Estava criada a imagem standard do "corpo judeu", para usar como importante arma do anti-semitismo. E este estereótipo entrou com tal força no nosso imaginário cultural que ainda hoje é usado por caricaturistas menos atentos.

No entanto, e por saber bem que esta caricatura jogava ainda mais no campo da distorção que no do exagero, o autor do livro "O Cogumelo Venenoso" teve o cuidado de incluir o capítulo "como reconhecer um judeu" (aqui, em inglês), no qual o professor avisa os alunos de que esses traços distintivos não estão presentes de forma tão clara em todos os judeus, e que em alguns casos até é difícil perceber logo à primeira vista que se trata de um deles.

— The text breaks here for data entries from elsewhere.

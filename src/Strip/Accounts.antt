-- ===== src/Strip/Accounts.antt =====
-- What a strip reports, and what it keeps.
use mathlib.Core.Path.{subst}
use kraken_d_operator.Base.{
  Bool, true, false, Option, none, some, List, [], ◌∷◌, ◌≡◌, ◌≢◌, ◌↔◌, ◌⊎◌, inl, inr, refl, sym,
  All, Any, All-map, Bool-cases, arith,
}
use kraken_d_operator.Base.Texts.{Text, text_lt}
use kraken_d_operator.Route.Entries.Order.{sort_by-Any, Any-sort_by}
use kraken_d_operator.Strip.{
  NamespaceLevel, contains, Value, block, not_a_block, ExtraConfig, ce_dropped_keys,
  partly_stripped, strip_block, drops_of_block, drops_of, strip_value, strip_from, strip_namespaces,
  with_value,
}

partly_stripped-reports : (keys : List Text) → (partly_stripped keys).1 ≡ true
partly_stripped-reports [] = refl
partly_stripped-reports (k ∷ keys) = refl

strip_block-reports :
    (ns : Text) (judged : Bool × List Text) (keys : List Text)
    → ((strip_block judged keys).1 ≡ true) ↔ (drops_of_block ns judged ≢ [])
strip_block-reports ns (false, dropped) keys = ((λ h e. ground arith), (λ h. refl))
strip_block-reports ns (true, []) keys = ((λ h. ground arith), (λ h. absurd (h refl)))
strip_block-reports ns (true, d ∷ dropped) keys =
    ((λ h e. ground arith), (λ h. partly_stripped-reports _))

strip_value-reports :
    (level : NamespaceLevel) (ns : Text) (v : Value)
    → ((strip_value level ns v).1 ≡ true) ↔ (drops_of level ns (some v) ≢ [])
unfolding strip_value drops_of
strip_value-reports level ns not_a_block = ((λ h e. ground arith), (λ h. refl))
strip_value-reports level ns (block keys) =
    strip_block-reports ns (ce_dropped_keys level ns keys) keys

-- An entry of the namespace that is listed and has something to drop.
abbrev pub Drops : NamespaceLevel → List Text → Text → Text × Value → Type 0
Drops level names ns e =
    (e.0 ≡ ns) × (contains names e.0 ≡ true) × (drops_of level e.0 (some e.1) ≢ [])

strip_from-reports :
    (level : NamespaceLevel) (names : List Text) (ns : Text) (ec : ExtraConfig)
    → Any (λ n. n ≡ ns) (strip_from level names ec).1 ↔ Any (Drops level names ns) ec
unfolding strip_from
strip_from-reports level names ns [] = ((λ h. h), (λ h. h))
strip_from-reports level names ns ((k, v) ∷ ec) =
    let rest = strip_from-reports level names ns ec in
    let reports = strip_value-reports level k v in
    elim (Bool-cases (contains names k)) [
      | inr other ↦
          rw (strip_from, other)
            (
              (λ h. inr (rest.0 h)),
              (λ h. elim h [ inl p ↦ ground (arith, p.1) | inr r ↦ rest.1 r ]),
            )
      | inl listed ↦ elim (Bool-cases (strip_value level k v).1) [
        | inl told ↦
            rw (strip_from, listed, told)
              (
                (λ h. elim h [ inl e ↦ inl (e, refl, reports.0 told) | inr r ↦ inr (rest.0 r) ]),
                (λ h. elim h [ inl p ↦ inl p.0 | inr r ↦ inr (rest.1 r) ]),
              )
        | inr quiet ↦
            rw (strip_from, listed, quiet)
              (
                (λ h. inr (rest.0 h)),
                (λ h. elim h [
                  | inl p ↦ let told = reports.1 p.2 in ground (arith, quiet, told)
                  | inr r ↦ rest.1 r
                ]),
              )
      ]
    ]

-- A namespace is reported exactly if the extra_config has it, it is among the Enterprise-only names,
-- and its value has something that a community render drops.
pub strip_namespaces-reports :
    (level : NamespaceLevel) (names : List Text) (ns : Text) (ec : ExtraConfig)
    → Any (λ n. n ≡ ns) (strip_namespaces level names ec).1 ↔ Any (Drops level names ns) ec
unfolding strip_namespaces
strip_namespaces-reports level names ns ec =
    let found = strip_from-reports level names ns ec in
    let reported = (strip_from level names ec).1 in
    (
      (λ h. found.0 (Any-sort_by text_lt (λ n. n ≡ ns) reported h)),
      (λ h. sort_by-Any text_lt (λ n. n ≡ ns) reported (found.1 h)),
    )

with_value-Any :
    (P : Text × Value → Type 0) (ns : Text) (o : Option Value) (ec : ExtraConfig)
    → Any P ec
    → Any P (with_value ns o ec)
with_value-Any P ns none ec h = h
with_value-Any P ns (some v) ec h = inr h

-- What is left has every entry that is not of one of the names.
abbrev pub Keeps : List Text → ExtraConfig → ExtraConfig → Type 0
Keeps names ec left = All (λ e. (contains names e.0 ≡ true) ⊎ Any (λ x. x ≡ e) left) ec

strip_from-listed :
    (level : NamespaceLevel) (names : List Text) (k : Text) (v : Value) (ec : ExtraConfig)
    → contains names k ≡ true
    → (strip_from level names ((k, v) ∷ ec)).0
      ≡ with_value k (strip_value level k v).0 (strip_from level names ec).0
unfolding strip_from
strip_from-listed level names k v ec h = rw (strip_from, h) refl

strip_from-other :
    (level : NamespaceLevel) (names : List Text) (k : Text) (v : Value) (ec : ExtraConfig)
    → contains names k ≡ false
    → (strip_from level names ((k, v) ∷ ec)).0 ≡ (k, v) ∷ (strip_from level names ec).0
unfolding strip_from
strip_from-other level names k v ec h = rw (strip_from, h) refl

strip_from-Keeps :
    (level : NamespaceLevel) (names : List Text) (ec : ExtraConfig)
    → Keeps names ec (strip_from level names ec).0
strip_from-Keeps level names [] = tt
strip_from-Keeps level names ((k, v) ∷ ec) =
    let rest = strip_from-Keeps level names ec in
    elim (Bool-cases (contains names k)) [
      | inl listed ↦
          subst (Keeps names ((k, v) ∷ ec)) (sym (strip_from-listed level names k v ec listed)) (
            inl listed,
            All-map _ _ ec
                (λ e h. elim h [
                  | inl l ↦ inl l
                  | inr there ↦
                      inr (with_value-Any (λ x. x ≡ e) k (strip_value level k v).0 _ there)
                ])
                rest,
          )
      | inr other ↦
          subst (Keeps names ((k, v) ∷ ec)) (sym (strip_from-other level names k v ec other)) (
            inr (inl refl),
            All-map _ _ ec (λ e h. elim h [ inl l ↦ inl l | inr there ↦ inr (inr there) ]) rest,
          )
    ]

-- Every entry of a namespace that is not among the names is left as it was.
pub strip_namespaces-Keeps :
    (level : NamespaceLevel) (names : List Text) (ec : ExtraConfig)
    → Keeps names ec (strip_namespaces level names ec).0
unfolding strip_namespaces
strip_namespaces-Keeps level names ec = strip_from-Keeps level names ec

Simultaneamente, a imagem distorcida espalhava-se e ganhava um lugar estável no imaginário das pessoas. Alguns exemplos dessa economia de traço:

Philipp Rupprecht, "a verdade crua e nua":

Philipp Rupprecht, "O Judeu apresenta-se", 1943:


Vasco Gargalo, 2019:



Num artigo que analisa o anti-semitismo presente em caricaturas contemporâneas (do qual retirei algumas ideias e imagens de arquivo alemãs presentes neste post) Isabel Enzenbach conclui o seguinte:

Existe uma proximidade estrutural entre a caricatura e o anti-semitismo. O caricaturista e o anti-semita desenham - à excepção do tipo da "bela judia" - uma imagem de judeu repugnante. Ambos trabalham com imagens preconcebidas do corpo e com estereótipos. O "nariz judeu" tem um papel central na análise da motivação destas imagens, mas não é o único elemento. Em resumo: um nariz grande por si só não faz automaticamente de um judeu uma caricatura anti-semita (e nem todas as caricaturas sem nariz grande estão isentas de anti-semitismo). Mas: é um sinal de alarme. Tal como no caso de qualquer caricatura de um sujeito pertencente a um grupo vítima de discriminação, se o caricaturista não quiser cair na armadilha do estereótipo, ou reforçar intencionalmente uma imagem essencialista, tem de usar do máximo cuidado ao desenhar um judeu.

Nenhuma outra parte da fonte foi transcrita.